Singapore cuts taxes to remain competitive
Singapore cuts taxes to remain competitive
Agence France-Presse, Singapore
Singapore on Friday announced hefty cuts in corporate and personal income taxes to lower the cost of doing business in the city-state, which is feeling the pinch of stronger regional competition.
Deputy Prime Minister and Finance Minister Lee Hsien Loong said corporate taxes and personal income taxes will be slashed to 20 percent from 24.5 and 26 percent respectively within three years.
Starting this year, personal and corporate taxes will be reduced to 22 percent, with the rest of the cuts to be fully implemented by the year to March 2005 budget.
To partly offset revenue losses, the government will raise the goods and services tax (GST) from three percent to five percent by 2003, he said in his budget speech at parliament.
Singaporeans on lower incomes will receive relief measures totaling 1.2 billion Singapore dollars (US$665 million) to cushion the effects over a five year period.
"I would say that this budget is pro-growth, pro-jobs and compassionate," said Lam Kok Shang of KPMG Tax Services.
He said 20 percent corporate and income taxes, while higher than those in Hong Kong, were "competitive" as investors had to consider other factors.
Vasu Menon, an analyst with Internet bank finatiQ, cited estimates showing that a every percentage point cut in the corporate tax rate would lift profits by 1.3 percent.
But the share market barely reacted to the widely anticipated announcement, dealers said. The key Straits Times Index edged up by a mere 0.66 points to 1,741.01.

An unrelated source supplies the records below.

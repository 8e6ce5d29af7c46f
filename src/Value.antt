-- ===== src/Value.antt =====
-- cpp/src/value.hpp, value.cpp and the conversions of cpp/src/private.hpp: the values of a program.
-- The kinds that a program cannot reach (integer, chunk, upvalue) stop `==` and the hash, and are
-- left out. Pointers are addresses of 64 bits. The doubles are a parameter.
pub mod Equality
pub mod Hash
use mathlib.Core.Option
use lulu.Prelude.{
  ℕ, ◌-◌, ◌%◌, ◌/◌, ◌^◌, Bool, true, false, not, ◌||◌, ◌&&◌, Option, none, some, List, [], ◌∷◌, ltb,
  ◌==◌, if◌then◌else◌,
}
use lulu.Prelude.Int.{ℤ, pos, negsuc, to_u32}

-- What the interpreter uses of `double`: `lulu_Number_eq`, the casts to and from `Integer`, and the
-- two halves of the representation that `memcpy` yields; and the `hash` of the string at an address.
pub record Runtime (D : Type 0) : Type 0 where
  pub number_eq : D → D → Bool
  pub to_integer : D → ℤ
  pub of_integer : ℤ → D
  pub halves : D → List ℕ
  pub string_hash : ℕ → ℕ

module _ (D : Type 0) where
  pub data Value : Type 0 where
    nil : Value
    boolean : Bool → Value
    lightuserdata : ℕ → Value
    number : D → Value
    string : ℕ → Value
    table : ℕ → Value
    function : ℕ → Value
    userdata : ℕ → Value

-- `Value_Type`, in its order.
unfoldable pub value_type : {D : Type 0} → Value D → ℕ
value_type nil = 0
value_type (boolean b) = 1
value_type (lightuserdata p) = 2
value_type (number n) = 3
value_type (string s) = 4
value_type (table o) = 5
value_type (function o) = 6
value_type (userdata o) = 7

unfoldable pub is_nil : {D : Type 0} → Value D → Bool
is_nil nil = true
is_nil _ = false

unfoldable pub is_falsy : {D : Type 0} → Value D → Bool
is_falsy nil = true
is_falsy (boolean b) = not b
is_falsy _ = false

abbrev pub bool_eq : Bool → Bool → Bool
bool_eq true b = b
bool_eq false b = not b

module _ {D : Type 0} (N : Runtime D) where
  -- `Value::operator==`
  unfoldable pub equals : Value D → Value D → Bool
  equals nil nil = true
  equals (boolean a) (boolean b) = bool_eq a b
  equals (lightuserdata a) (lightuserdata b) = a == b
  equals (number a) (number b) = N.number_eq a b
  equals (string a) (string b) = a == b
  equals (table a) (table b) = a == b
  equals (function a) (function b) = a == b
  equals (userdata a) (userdata b) = a == b
  equals _ _ = false

  unfoldable pub number_to_integer : D → Option ℤ
  number_to_integer n =
      let i = N.to_integer n in if N.number_eq (N.of_integer i) n then some i else none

Targeted government revenue in the year to March is 29.21 billion dollars, with spending seen at 28.33 billion dollars.
The modest forecast surplus of 885.51 million dollars followed a deficit of 1.43 billion dollars in the last fiscal year when the economy plunged into a recession.
Lee said the tax cuts would be fully implemented, "barring a major change in the economic and political climate which unfortunately cannot be completely ruled out given the uncertain regional and global environment".

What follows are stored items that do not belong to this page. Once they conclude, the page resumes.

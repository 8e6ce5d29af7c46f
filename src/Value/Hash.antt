-- ===== src/Value/Hash.antt =====
-- The hash functions of cpp/src/table.cpp, over the constants of cpp/src/string.hpp.
use Prim.Native.Nat.{bit_xor}
use lulu.Prelude.{ℕ, ◌*◌, ◌/◌, ◌%◌, ◌^◌, Bool, true, false, Option, none, some, List, [], ◌∷◌}
use lulu.Value.{
  Runtime, Value, nil, boolean, lightuserdata, number, string, table, function, userdata,
}

abbrev pub fnv1a_offset : ℕ
fnv1a_offset = 0x811c9dc5

abbrev fnv1a_prime : ℕ
fnv1a_prime = 0x01000193

-- A round on `u32`: the hash is combined with a word, and the product wraps around.
unfoldable pub hash_round : ℕ → ℕ → ℕ
hash_round hash word = (bit_xor hash word * fnv1a_prime) % 2 ^ 32

unfoldable pub hash_boolean : Bool → ℕ
hash_boolean true = hash_round fnv1a_offset 1
hash_boolean false = hash_round fnv1a_offset 0

unfoldable pub hash_words : ℕ → List ℕ → ℕ
hash_words hash [] = hash
hash_words hash (word ∷ words) = hash_words (hash_round hash word) words

-- The value is given by its representation, in words of 32 bits.
unfoldable pub hash_compound : List ℕ → ℕ
hash_compound words = hash_words fnv1a_offset words

-- A pointer of 64 bits, the low word first.
unfoldable pub pointer_words : ℕ → List ℕ
pointer_words p = p % 2 ^ 32 ∷ (p / 2 ^ 32) % 2 ^ 32 ∷ []

-- `nil` is not hashed: the panic.
unfoldable pub hash_value : {D : Type 0} → Runtime D → Value D → Option ℕ
hash_value N nil = none
hash_value N (boolean b) = some (hash_boolean b)
hash_value N (number n) = some (hash_compound (N.halves n))
hash_value N (lightuserdata p) = some (hash_compound (pointer_words p))
hash_value N (string s) = some (N.string_hash s)
hash_value N (table o) = some (hash_compound (pointer_words o))
hash_value N (function o) = some (hash_compound (pointer_words o))
hash_value N (userdata o) = some (hash_compound (pointer_words o))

Reducing direct taxes was "fundamental to strengthening our competitiveness".
"When companies compare the attractiveness in investing in different countries, the corporate income tax flows straight through to the bottomline.
"If we set our tax rate too high, we make it harder for companies to make money, expand and create more jobs," he added.
He cited Germany which last year slashed corporate income tax to 25 percent from 40 percent and the United States where the effective rate is 11 percent.
Ireland is expected to cut corporate income taxes to 12 percent next year and Hong Kong's current rate is 16 percent.
"These examples show just how fierce the competition is. Unless we keep pace with our competitors, we will inevitably lose investments and business," Lee said.
Singapore would also set aside more funds to guard against external threats, particularly from terrorism, in the aftermath of Sept.11.
It will spend about S$10.64 billion on domestic and external security operations, or 38 percent of total expenditure, due to increased threats after the terror attacks in the U.S. last year.
In the last fiscal year, security spending accounted for 37 percent of total spending.